鎧再び
今日イベント行ってきました!やっぱり鎧ですよ鎧!!!日本人だもの!!スゴかったです!!
どうスゴかったかと言うと、アニメキャラクターのコスプレしている人がいて、その作品を知っている人がキャーギャー言っている状況で、その興奮も熱を帯びた視線も、私がそっくりそのまま奪ってしまうのだった。歩いてガチャガチャしているだけで。
もう、彼らは無言。目をぎょっと剥いて、皆固まってしまう。
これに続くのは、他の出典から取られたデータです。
-- ===== src/Runtime/Pauses.antt =====
-- A turn that stops for the approval of a tool call can be resumed.
use agent_builder_factory_ap.Base.{
  String, ◌≡◌, refl, ap, Option, none, some, ok, pure, guard, require_some, ◌>>=◌, inl, string_key,
}
use agent_builder_factory_ap.Table.{Table}
use agent_builder_factory_ap.Tools.Executor.{Services, Toolbox}
use agent_builder_factory_ap.Approval.Review.{
  HitlReviewStatus, HitlReviewRecord, Attribute, ReviewItem, Review, World, get, put_review,
  require_pending, decided, decide,
}
use agent_builder_factory_ap.Approval.Resume.{Clock, try_claim_resume, grant, resume_after_approval}
use agent_builder_factory_ap.Approval.Claims.{item_at}
use agent_builder_factory_ap.Approval.Races.{late_decision_runs_tools}
use agent_builder_factory_ap.Runtime.State.{
  Agent, Outside, ChatRequest, RuntimeTables, review_table, memory_table, spending_table, Process,
}
use agent_builder_factory_ap.Runtime.Orchestrator.{RunResult, matching_id, approval_of, run}
use agent_builder_factory_ap.Runtime.Parking.{Parked, run-Parked}

module _ ⦃t : Table String String ReviewItem⦄ where
  -- a decision on a pending review that nobody has touched
  decide-pending :
      (f : HitlReviewRecord) (a b : String) (s : HitlReviewStatus) (by : String)
      (reason : Option String) (now : String) (w : World)
      → item_at w a b ≡ some (record { fields = some f; resumed_at = Attribute.missing })
      → f.status ≡ HitlReviewStatus.pending
      → decide a b s by reason now w ≡ (
        ok (decided s by reason now (record { fields = f; resumed_at = none })),
        (put_review (decided s by reason now (record { fields = f; resumed_at = none })) w).1,
      )
  unfolding decide require_pending get put_review pure guard require_some ◌>>=◌
  decide-pending f a b s by reason now w e p = rw (e, p) refl

module _ ⦃t : RuntimeTables⦄ (o : Outside) (a : Agent) (q : ChatRequest) (p p' : Process)
    (id : String) (by : String) (reason : Option String) (now : String) (clock : Clock)
    (services : Services) (box : Toolbox) where
  -- the approval of a turn that was parked between `p` and `p'`, and what the resumption after it does
  pub record Resumes : Type 0 where
    pub parked : Parked o a q p id p'
    pub review : Review
    pub approved :
        (decide a.tenant_id id HitlReviewStatus.approved by reason now p'.world).0 ≡ ok review
    pub resumed :
        resume_after_approval services box clock a.tenant_id id
          (decide a.tenant_id id HitlReviewStatus.approved by reason now p'.world).1
        ≡ grant services box
            (record {
              session_id = q.session_id;
              tool_id = parked.tool_id;
              tool_calls = parked.reply.tool_calls;
              approved_call_id = matching_id parked.tool_id parked.reply.tool_calls;
            })
            (try_claim_resume clock a.tenant_id id
              (decide a.tenant_id id HitlReviewStatus.approved by reason now p'.world).1).1

  Resumes-Parked : Parked o a q p id p' → Resumes
  Resumes-Parked k =
      let f = approval_of o a k.turn k.tool_id k.reply.tool_calls in
      let read : Review = record { fields = f; resumed_at = none } in
      let decision =
        decide-pending f a.tenant_id id HitlReviewStatus.approved by reason now p'.world k.stored
          refl in
      record {
        parked = k;
        review = decided HitlReviewStatus.approved by reason now read;
        approved = ap (λ z. z.0) decision;
        resumed =
            rw (ap (λ z. z.1) decision, k.named)
              (late_decision_runs_tools services box clock read refl HitlReviewStatus.approved
                (inl refl) by reason now p'.world);
      }

-- After a turn that returns the id of an approval: the turn has asked the model once, the batch of the
-- tool calls in its reply stopped at a tool that needs approval, the approval of that review succeeds,
-- and the next resumption runs the reply's tool calls in the turn's session, with the id of the first
-- call of that tool as approved, whatever the reviewer, the clock, the services and the toolbox.
pub approved_turn_resumes :
    ⦃t : RuntimeTables⦄ (o : Outside) (a : Agent) (q : ChatRequest) (p : Process) (r : RunResult)
    (p' : Process) (id : String)
    → run o a q p ≡ (ok r, p')
    → r.approval_review_id ≡ some id
    → (by : String) (reason : Option String) (now : String) (clock : Clock) (services : Services)
      (box : Toolbox)
    → Resumes o a q p p' id by reason now clock services box
approved_turn_resumes o a q p r p' id h e by reason now clock services box =
    Resumes-Parked o a q p p' id by reason now clock services box (run-Parked o a q p r p' id h e)
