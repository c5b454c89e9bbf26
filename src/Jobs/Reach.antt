-- ===== src/Jobs/Reach.antt =====
-- The stores that the processes of a job queue can reach: packages/core/src/reference-job-queue.ts over one
-- store of packages/core/src/reference-repositories.ts. Processes interleave at each read and each write:
-- what is exchanged, and what a backup, a restore or a flush writes, was computed from a record that some
-- reached store had, and is written over any other.
pub mod Operations
use access_kit.Prelude.{
  some-injective, ℕ, String, Bool, true, Option, none, some, List, ◌≡◌, sym, subst, ◌∙◌, inl, inr,
  In, Bool-cases, ◌==◌,
}
use access_kit.JsMap
use access_kit.JsMap.{get-set}
use access_kit.Domain.{CanonicalId, IsoDateTime}
use access_kit.Domain.Dates.{Dates}
use access_kit.Domain.Json.{JsonRecord}
use access_kit.Audit.Text.{Printer}
use access_kit.Jobs.Model.{JobKind, QueuedJob, Queue, QueueRequest, ConnectorHealth}
use access_kit.Jobs.Entries.{enqueue_normalized_job, set_connector_health}
use access_kit.Jobs.Transitions.{reserve_next_job, complete_job, record_job_failure}
use access_kit.Jobs.Consistent.{JobIdentity, IsConsistent}
use access_kit.Jobs.Snapshot.{
  JobSnapshot, StoreRecord, SnapshotStore, empty_store, read_current, read_backup, create_record,
  write_current, write_backup, is_valid_record, compare_exchange_current,
}
use access_kit.Jobs.Commit.{jobs_of, queue_of, metadata_of}
use access_kit.Jobs.Backups.{backup_record, create_record-Made, Made-is_valid}

-- Where job queues run: how JSON is written and hashed, the tenant and the store's place, how requests
-- are named and which requests are made, and how dates and texts are read and ordered.
pub record Deployment : Type 0 where
  pub printer : Printer
  pub digest : String → String
  pub lower : String → String
  pub tenant : String
  pub location : String
  pub identity : CanonicalId → String → JobKind → String
  pub requests : List JobIdentity
  pub dates : Dates
  pub text_le : String → String → Bool
  pub locale_before : String → String → Bool

module _ (dep : Deployment) where
  -- The operations on the queue. Requests are those the deployment lists.
  pub data QueueStep : Queue → Queue → Type 0 where
    enqueues :
        {q after : Queue} (r : QueueRequest) (j : QueuedJob)
        → In (r.connector_id, r.idempotency_key, r.kind) dep.requests
        → enqueue_normalized_job dep.identity q r ≡ some (j, after)
        → QueueStep q after
    reserves :
        {q after : Queue} (worker at : String) (lease_ms : Option ℕ) (j : Option QueuedJob)
        → reserve_next_job dep.dates dep.text_le dep.locale_before q worker at lease_ms
          ≡ some (j, after)
        → QueueStep q after
    completes :
        {q after : Queue} (id at : String) (worker : Option String) (j : QueuedJob)
        → complete_job dep.dates dep.text_le dep.locale_before q id at worker ≡ some (j, after)
        → QueueStep q after
    fails :
        {q after : Queue} (id at : String) (worker : Option String) (error : String) (j : QueuedJob)
        → record_job_failure dep.dates dep.text_le dep.locale_before q id at worker error
          ≡ some (j, after)
        → QueueStep q after
    reports :
        {q after : Queue} (h k : ConnectorHealth)
        → set_connector_health q h ≡ some (k, after)
        → QueueStep q after
    keeps : {q : Queue} → QueueStep q q

  pub data Reached : SnapshotStore → Type 0 where
    fresh : Reached empty_store
    exchanged :
        {from seen after : SnapshotStore} (at : IsoDateTime) (jobs : JobSnapshot) (queue : Queue)
        (expected : Option StoreRecord) (stored : StoreRecord)
        → Reached from
        → Reached seen
        → read_current dep.printer dep.digest dep.lower dep.tenant from ≡ some expected
        → QueueStep (queue_of expected) queue
        → create_record dep.printer dep.digest dep.lower dep.tenant at jobs queue
            (metadata_of expected)
          ≡ some stored
        → compare_exchange_current dep.printer dep.digest dep.lower dep.tenant seen expected stored
          ≡ some after
        → Reached after
    -- createBackup writes its record over the current one, whatever was written since it read...
    backs_up :
        {from seen : SnapshotStore} (id : CanonicalId) (at : IsoDateTime)
        (expected : Option StoreRecord) (stored : StoreRecord)
        → Reached from
        → Reached seen
        → read_current dep.printer dep.digest dep.lower dep.tenant from ≡ some expected
        → backup_record dep.printer dep.digest dep.lower dep.tenant dep.location id at expected
          ≡ some stored
        → Reached (write_current dep.printer dep.digest dep.lower dep.tenant seen stored)
    -- ...and then, in a write of its own, beside the other backups.
    copies :
        {from seen : SnapshotStore} (id : CanonicalId) (at : IsoDateTime)
        (expected : Option StoreRecord) (stored : StoreRecord)
        → Reached from
        → Reached seen
        → read_current dep.printer dep.digest dep.lower dep.tenant from ≡ some expected
        → backup_record dep.printer dep.digest dep.lower dep.tenant dep.location id at expected
          ≡ some stored
        → Reached (write_backup dep.printer dep.digest dep.lower dep.tenant seen id stored)
    restores :
        {from seen : SnapshotStore} (id : CanonicalId) (at : IsoDateTime) (b stored : StoreRecord)
        → Reached from
        → Reached seen
        → read_backup dep.printer dep.digest dep.lower dep.tenant from id ≡ some b
        → create_record dep.printer dep.digest dep.lower dep.tenant at b.jobs b.queue
            b.backup_metadata
          ≡ some stored
        → Reached (write_current dep.printer dep.digest dep.lower dep.tenant seen stored)
    flushes :
        {from seen : SnapshotStore} (at : IsoDateTime) (expected : Option StoreRecord)
        (stored : StoreRecord)
        → Reached from
        → Reached seen
        → read_current dep.printer dep.digest dep.lower dep.tenant from ≡ some expected
        → create_record dep.printer dep.digest dep.lower dep.tenant at
            (jobs_of expected)
            (queue_of expected)
            (metadata_of expected)
          ≡ some stored
        → Reached (write_current dep.printer dep.digest dep.lower dep.tenant seen stored)

  -- What every record that is stored has: its queue is consistent, and reading it does not throw.
  pub record IsGood (r : StoreRecord) : Type 0 where
    pub consistent : IsConsistent dep.identity dep.requests r.queue
    pub valid : is_valid_record dep.printer dep.digest dep.lower dep.tenant r ≡ true

  pub record IsKept (store : SnapshotStore) : Type 0 where
    pub current_good : (r : StoreRecord) → store.current ≡ some r → IsGood r
    pub backups_good :
        (id : CanonicalId) (r : StoreRecord) → JsMap.get store.backups id ≡ some r → IsGood r

  empty-IsConsistent : IsConsistent dep.identity dep.requests (queue_of none)
  empty-IsConsistent = record { unique = tt; sound = tt; recorded = tt; keyed = tt }

  pub queue_of-IsConsistent :
      (store : SnapshotStore) (o : Option StoreRecord)
      → store.current ≡ o
      → IsKept store
      → IsConsistent dep.identity dep.requests (queue_of o)
  queue_of-IsConsistent store none e k = empty-IsConsistent
  queue_of-IsConsistent store (some r) e k = (k.current_good r e).consistent

  pub made-IsGood :
      (at : IsoDateTime) (jobs : JobSnapshot) (queue : Queue) (metadata : List JsonRecord)
      (r : StoreRecord)
      → create_record dep.printer dep.digest dep.lower dep.tenant at jobs queue metadata ≡ some r
      → IsConsistent dep.identity dep.requests queue
      → IsGood r
  made-IsGood at jobs queue metadata r h c =
      let m =
        create_record-Made dep.printer dep.digest dep.lower dep.tenant dep.location at jobs queue
          metadata r h in
      record {
        consistent = subst (IsConsistent dep.identity dep.requests) (sym m.same_queue) c;
        valid =
            Made-is_valid dep.printer dep.digest dep.lower dep.tenant dep.location at jobs queue
              metadata r m;
      }

  pub written-IsKept :
      (store : SnapshotStore) (r : StoreRecord)
      → IsGood r
      → IsKept store
      → IsKept (write_current dep.printer dep.digest dep.lower dep.tenant store r)
  written-IsKept store r g k = record {
    current_good = λ s e. subst IsGood (some-injective r s e) g;
    backups_good = k.backups_good;
  }

  pub backed_up-IsKept :
      (store : SnapshotStore) (id : CanonicalId) (r : StoreRecord)
      → IsGood r
      → IsKept store
      → IsKept (write_backup dep.printer dep.digest dep.lower dep.tenant store id r)
  unfolding write_backup
  backed_up-IsKept store id r g k = record {
    current_good = k.current_good;
    backups_good = λ j s e. elim (Bool-cases (id == j)) [
      | inl same ↦
          subst IsGood (some-injective r s (rw same at (sym (get-set store.backups id j r) ∙ e))) g
      | inr other ↦ k.backups_good j s (rw other at (sym (get-set store.backups id j r) ∙ e))
    ];
  }
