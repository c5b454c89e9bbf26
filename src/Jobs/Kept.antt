-- ===== src/Jobs/Kept.antt =====
-- Every store that a job queue reaches holds a consistent queue: packages/core/src/reference-job-queue.ts.
use access_kit.Prelude.{
  none-ne-some, Option, List, some, ◌≡◌, subst, ◌∙◌, inl, inr, arith, In, Bool-cases, Option-cases,
}
use access_kit.JsMap
use access_kit.Domain.{CanonicalId, IsoDateTime}
use access_kit.Domain.Json.{JsonRecord}
use access_kit.Jobs.Model.{Queue, ConnectorHealth}
use access_kit.Jobs.Entries.{set_connector_health}
use access_kit.Jobs.Consistent.{JobIdentity, id_of, IsConsistent}
use access_kit.Jobs.Enqueued.{enqueue-IsConsistent}
use access_kit.Jobs.Runs.{reserve-IsConsistent, complete-IsConsistent, failure-IsConsistent}
use access_kit.Jobs.Snapshot.{
  StoreRecord, SnapshotStore, empty_store, read_current, read_backup, create_record, write_current,
  is_valid_record, read_current-current, compare_exchange_current, same_record,
}
use access_kit.Jobs.Commit.{jobs_of, queue_of, metadata_of}
use access_kit.Jobs.Reach.{
  Deployment, QueueStep, enqueues, reserves, completes, fails, reports, keeps, Reached, IsGood,
  fresh, exchanged, backs_up, copies, restores, flushes, IsKept, queue_of-IsConsistent, made-IsGood,
  written-IsKept, backed_up-IsKept,
}

module _ (dep : Deployment)
    (no_collision : (t u : JobIdentity)
      → In t dep.requests
      → In u dep.requests
      → id_of dep.identity t ≡ id_of dep.identity u
      → t.1 ≡ u.1) where
  abbrev Kept : SnapshotStore → Type 0
  Kept = IsKept dep

  abbrev Step : Queue → Queue → Type 0
  Step = QueueStep dep

  health-IsConsistent :
      (q after : Queue) (h k : ConnectorHealth)
      → set_connector_health q h ≡ some (k, after)
      → IsConsistent dep.identity dep.requests q
      → IsConsistent dep.identity dep.requests after
  unfolding set_connector_health
  health-IsConsistent q after h k e c =
      subst (IsConsistent dep.identity dep.requests) (same _ k _ after e)
        (record { unique = c.unique; sound = c.sound; recorded = c.recorded; keyed = c.keyed })
    where
      same :
          (x y : ConnectorHealth) (a b : Queue)
          → ◌≡◌ {A = Option (ConnectorHealth × Queue)} (some (x, a)) (some (y, b))
          → a ≡ b
      same x y a b e = cc

  Step-IsConsistent :
      (q after : Queue)
      → Step q after
      → IsConsistent dep.identity dep.requests q
      → IsConsistent dep.identity dep.requests after
  Step-IsConsistent q after (enqueues r j known e) c =
      enqueue-IsConsistent dep.identity dep.requests no_collision q r known j after e c
  Step-IsConsistent q after (reserves worker at lease_ms j e) c =
      reserve-IsConsistent dep.identity dep.requests dep.dates dep.text_le dep.locale_before q after
        worker at lease_ms j e c
  Step-IsConsistent q after (completes id at worker j e) c =
      complete-IsConsistent dep.identity dep.requests dep.dates dep.text_le dep.locale_before q
        after id at worker j e c
  Step-IsConsistent q after (fails id at worker error j e) c =
      failure-IsConsistent dep.identity dep.requests dep.dates dep.text_le dep.locale_before q after
        id at worker error j e c
  Step-IsConsistent q after (reports h k e) c = health-IsConsistent q after h k e c
  Step-IsConsistent q after keeps c = c

  exchange-IsKept :
      (seen after : SnapshotStore) (expected : Option StoreRecord) (r : StoreRecord)
      → compare_exchange_current dep.printer dep.digest dep.lower dep.tenant seen expected r
        ≡ some after
      → write_current dep.printer dep.digest dep.lower dep.tenant seen r ≡ after
  unfolding compare_exchange_current
  exchange-IsKept seen after expected r h =
      elim (Bool-cases
        (same_record dep.printer dep.digest dep.lower dep.tenant seen.current expected)) [
          | inl e ↦ ground (arith, e)
          | inr e ↦ absurd (ground (arith, e))
        ]

  read-IsConsistent :
      (store : SnapshotStore) (o : Option StoreRecord)
      → read_current dep.printer dep.digest dep.lower dep.tenant store ≡ some o
      → Kept store
      → IsConsistent dep.identity dep.requests (queue_of o)
  read-IsConsistent store o e k =
      queue_of-IsConsistent dep store o
        (read_current-current dep.printer dep.digest dep.lower dep.tenant store o e) k

  read_backup-get :
      (store : SnapshotStore) (id : CanonicalId) (r : StoreRecord)
      → read_backup dep.printer dep.digest dep.lower dep.tenant store id ≡ some r
      → JsMap.get store.backups id ≡ some r
  unfolding read_backup
  read_backup-get store id r h = elim (Option-cases (JsMap.get store.backups id)) [
    | inl e ↦ absurd (ground (arith, e))
    | inr (s, e) ↦
        elim (Bool-cases (is_valid_record dep.printer dep.digest dep.lower dep.tenant s)) [
          | inl v ↦ e ∙ (rw (e, read_backup, v) at h)
          | inr v ↦ absurd (none-ne-some r (rw (e, read_backup, v) at h))
        ]
  ]

  remade-IsGood :
      (from : SnapshotStore) (expected : Option StoreRecord) (at : IsoDateTime)
      (metadata : List JsonRecord) (r : StoreRecord)
      → read_current dep.printer dep.digest dep.lower dep.tenant from ≡ some expected
      → create_record dep.printer dep.digest dep.lower dep.tenant at
          (jobs_of expected)
          (queue_of expected)
          metadata
        ≡ some r
      → Kept from
      → IsGood dep r
  remade-IsGood from expected at metadata r read made k =
      made-IsGood dep at (jobs_of expected) (queue_of expected) metadata r made
        (read-IsConsistent from expected read k)

  abbrev Reaches : SnapshotStore → Type 0
  Reaches = Reached dep

  empty-IsKept : Kept empty_store
  unfolding JsMap.get
  empty-IsKept = record {
    current_good = λ r e. absurd (none-ne-some r e);
    backups_good = λ id r e. absurd (none-ne-some r e);
  }

  -- Whatever processes enqueue, reserve, complete, fail, back up, restore and flush, and however their reads
  -- and writes interleave, the current record and each backup pass every check of a read, and their queue
  -- is consistent: ids are unique, jobs and idempotency records belong together, a running job has a worker
  -- and a lease, a completed one its time, and a dead-lettered one has used its attempts. Condition: of the
  -- requests made, two with different idempotency keys get different job ids.
  pub Reached-IsKept : (store : SnapshotStore) → Reaches store → Kept store
  Reached-IsKept now fresh = empty-IsKept
  Reached-IsKept now (exchanged {from} {seen} at jobs queue expected r rf rs read step made won) =
      let from_kept = Reached-IsKept from rf in
      let seen_kept = Reached-IsKept seen rs in
      subst Kept (exchange-IsKept seen now expected r won) (
        written-IsKept dep seen r
          (made-IsGood dep at jobs queue (metadata_of expected) r made (
            Step-IsConsistent (queue_of expected) queue step
              (read-IsConsistent from expected read from_kept)))
          seen_kept)
  Reached-IsKept now (backs_up {from} {seen} id at expected r rf rs read made) =
      written-IsKept dep seen r
        (remade-IsGood from expected at _ r read made (Reached-IsKept from rf))
        (Reached-IsKept seen rs)
  Reached-IsKept now (copies {from} {seen} id at expected r rf rs read made) =
      backed_up-IsKept dep seen id r
        (remade-IsGood from expected at _ r read made (Reached-IsKept from rf))
        (Reached-IsKept seen rs)
  Reached-IsKept now (restores {from} {seen} id at b r rf rs read made) =
      let from_kept = Reached-IsKept from rf in
      written-IsKept dep seen r
        (made-IsGood dep at b.jobs b.queue b.backup_metadata r made
          (from_kept.backups_good id b (read_backup-get from id b read)).consistent)
        (Reached-IsKept seen rs)
  Reached-IsKept now (flushes {from} {seen} at expected r rf rs read made) =
      written-IsKept dep seen r
        (remade-IsGood from expected at _ r read made (Reached-IsKept from rf))
        (Reached-IsKept seen rs)
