-- ===== src/Jobs/Queries.antt =====
-- What ReferenceJobQueueAdapter in packages/core/src/reference-job-queue.ts reads from the store, and
-- enqueueProvisioningJob, which reads a plan before it commits. A read that throws is `none`.
use access_kit.Prelude.{
  ℕ, String, Bool, true, ◌&&◌, Option, none, some, List, ◌==◌, if◌then◌else◌, ◌otherwise◌, or_else,
  find_by, filter_by, is_some,
}
use access_kit.Domain.{CanonicalId, IsoDateTime}
use access_kit.Domain.Json.{JsonRecord, obj}
use access_kit.Secrets.{no_secret_material}
use access_kit.Audit.Text.{Printer}
use access_kit.Jobs.Model.{dead_lettered, QueuedJob, Queue, QueueRequest, ConnectorHealth, healthy}
use access_kit.Jobs.Entries.{enqueue_normalized_job, record_for}
use access_kit.Jobs.Snapshot.{JobSnapshot, SnapshotStore, read_current, has_text}
use access_kit.Jobs.Commit.{Outcome, threw, Mutation, commit_snapshot, jobs_of, queue_of}
use access_kit.Jobs.Requests.{has_enforcement_evidence, job_identity, normalize_enqueue_request}
use access_kit.Jobs.Adapter.{upsert_entity}
use access_kit.Jobs.Filters.{
  matches, job_matches, matches_drift_finding_filter, text_at, provisioning_request, JobFilter,
  DriftFindingFilter, ProvisioningOptions,
}

module _ (p : Printer) (digest lower : String → String) (tenant : String) where
  -- What a read finds after #refreshFromStore.
  abbrev refreshed {ℓ} : {A : Type ℓ} → (JobSnapshot → Queue → A) → SnapshotStore → Option A
  refreshed f store = elim (read_current p digest lower tenant store) [
    | none ↦ none
    | some stored ↦ some (f (jobs_of stored) (queue_of stored))
  ]

  unfoldable pub get_queued_job : CanonicalId → SnapshotStore → Option (Option QueuedJob)
  get_queued_job id =
      refreshed (λ jobs queue. find_by (λ (j : QueuedJob). j.id == id) queue.queued_jobs)

  unfoldable pub list_queued_jobs : JobFilter → SnapshotStore → Option (List QueuedJob)
  list_queued_jobs filter =
      refreshed (λ jobs queue. filter_by (job_matches filter) queue.queued_jobs)

  unfoldable pub list_dead_lettered_jobs : SnapshotStore → Option (List QueuedJob)
  unfolding list_queued_jobs
  list_dead_lettered_jobs =
      list_queued_jobs (record { kind = none; connector_id = none; status = some dead_lettered })

  unfoldable pub get_connector_health :
      CanonicalId → IsoDateTime → SnapshotStore → Option ConnectorHealth
  get_connector_health id now = refreshed (λ jobs queue.
      find_by (λ (h : ConnectorHealth). h.connector_id == id) queue.connector_health
      otherwise record {
        connector_id = id;
        status = healthy;
        updated_at = now;
        reason = none;
        last_success_at = none;
        last_failure_at = none;
      })

  unfoldable pub get_provisioning_plan : CanonicalId → SnapshotStore → Option (Option JsonRecord)
  get_provisioning_plan id =
      refreshed (λ jobs queue. find_by (has_text "id" id) jobs.provisioning_plans)

  unfoldable pub list_discovery_runs :
      Option String → Option String → SnapshotStore → Option (List JsonRecord)
  list_discovery_runs connector_id status = refreshed (λ jobs queue.
      filter_by (λ r. matches connector_id "connectorId" r && matches status "status" r)
        jobs.discovery_runs)

  unfoldable pub list_enforcement_readiness_reports :
      Option String → Option String → SnapshotStore → Option (List JsonRecord)
  list_enforcement_readiness_reports connector_id status = refreshed (λ jobs queue.
      filter_by (λ r. matches connector_id "connectorId" r && matches status "status" r)
        jobs.enforcement_readiness_reports)

  unfoldable pub list_governance_findings :
      Option String → Option String → SnapshotStore → Option (List JsonRecord)
  list_governance_findings status severity = refreshed (λ jobs queue.
      filter_by (λ r. matches status "status" r && matches severity "severity" r)
        jobs.governance_findings)

  unfoldable pub list_exception_requests : Option String → SnapshotStore → Option (List JsonRecord)
  list_exception_requests status =
      refreshed (λ jobs queue. filter_by (matches status "status") jobs.exception_requests)

  module _ (others : ℕ → SnapshotStore → SnapshotStore) (now : IsoDateTime) where
    abbrev with_plan : Option JsonRecord → List JsonRecord → List JsonRecord
    with_plan none plans = plans
    with_plan (some plan) plans = upsert_entity "id" plans plan

    abbrev with_entities : JsonRecord → Option JsonRecord → JobSnapshot → JobSnapshot
    with_entities job plan jobs = record jobs {
      provisioning_plans = with_plan plan jobs.provisioning_plans;
      provisioning_jobs = upsert_entity "id" jobs.provisioning_jobs job;
    }

    -- The plan and the job are stored where the request is new.
    unfoldable pub enqueue_with_entities :
        JsonRecord → Option JsonRecord → QueueRequest → Mutation QueuedJob
    unfolding upsert_entity
    enqueue_with_entities job plan r jobs queue =
        elim (enqueue_normalized_job (job_identity p digest lower tenant) queue r) [
          | none ↦ none
          | some (queued_job, q) ↦ some (
            if is_some (record_for r queue) then jobs else with_entities job plan jobs,
            q,
            queued_job,
          )
        ]

    abbrev clean : Option JsonRecord → Bool
    clean none = true
    clean (some r) = no_secret_material lower (obj r)

    abbrev enqueue_with :
        JsonRecord → Option JsonRecord → Option QueueRequest → SnapshotStore → Outcome QueuedJob
    enqueue_with job plan none store = threw store
    enqueue_with job plan (some r) store =
        if has_enforcement_evidence r
          && (no_secret_material lower (obj r.payload)
              && (no_secret_material lower (obj job) && clean plan))
        then commit_snapshot p digest lower tenant (enqueue_with_entities job plan r) r.requested_at
            others store
        else threw store

    -- `options.plan ?? this.getProvisioningPlan(job.planId)`.
    abbrev plan_of : JsonRecord → Option JsonRecord → JobSnapshot → Option JsonRecord
    plan_of job given jobs =
        or_else given
          (find_by (has_text "id" (text_at "planId" job otherwise "")) jobs.provisioning_plans)

    unfoldable pub enqueue_provisioning_job :
        JsonRecord → ProvisioningOptions → SnapshotStore → Outcome QueuedJob
    unfolding provisioning_request normalize_enqueue_request has_enforcement_evidence
        enqueue_with_entities
    enqueue_provisioning_job job options store = elim (read_current p digest lower tenant store) [
      | none ↦ threw store
      | some stored ↦
          let plan = plan_of job options.plan (jobs_of stored) in
          enqueue_with job plan
            (normalize_enqueue_request p digest lower tenant (provisioning_request job plan options)
              now)
            store
    ]

  unfoldable pub list_drift_findings : DriftFindingFilter → SnapshotStore → Option (List JsonRecord)
  unfolding matches_drift_finding_filter
  list_drift_findings filter =
      refreshed
        (λ jobs queue. filter_by (λ f. matches_drift_finding_filter f filter) jobs.drift_findings)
黒人さんなんて立ち止まって目を擦って、友達を引きずってきた。信じられなかったのだろう。この日本にまだ武士がいることを。
私は背が高く、肩幅が広いので良く目立つのだった。刀を振り上げたポーズなんかすれば、少年は一ころだった。一ころでもう目をギラギラさせて写真をせがんでくるのだった。少年が口をポカンと開けてハアハアと荒い息をし、同じポーズで突っ込んでくる。鎧ってこう言うものだ。なんかもう、言葉も通じない海外のお子さんが駆け寄ってくるのを見るともう、言うことないですよ。
薄っぺらだけど、今日だけはヒーローなのだった。私は、かっこ良くて背の高い影虎となっていた。
どの状態でなるかと言うと、更衣室で足袋を履いたとき息吹を感じる。籠手を嵌めたとき、感情が動く。そして面をつけるときに魂が入る。私は、それらが抜けぬように冑の緒を締めるのだ。
それがどんな姿かは、スタッフさん達の反応でありありと分かる。彼らは息を飲んだ。今日のスタッフさんは本当に良かった。皆子供の頃にこういうのに焦がれた世代だった。誰もが武士の姿でチャンバラ時代を生きた少年たち。私が歩く姿を見て、背中が見えなくなるまでじっと見続けていた。帰るときなんて深く頭を下げて『おつかれさまでした!』ですよ。私、こんなのはじめて。他の人には言ってなかったじゃないですか。
鎧を着て一番反応するのはまったくその世代ばかりだった。間違いなく子供ではない。大人の男たち女達がベロベロにやられてしまう。もう今日なんてテラスに出て巨大な橋を見下ろしていたら後ろから「すみません、すみません」と声がかかったぐらいだ。あまりに声が小さかったので私に言ったのではないだろうと思っていたら、また聞こえる。
振り向くと、目をひんむいたおじさんが写真を撮りたくてウズウズとしていた!彼もまた、少年だった。年を取ることは、体が成長することは、大人になることとはちょっと違うよね。こういう心を持って生きていることが大事なのではないか。私も嬉しかったよ~行って良かった。
ショップの店員さんも良かったねぇ。もう本当に皆これを着たらいいよ。私は毎日これを着たい。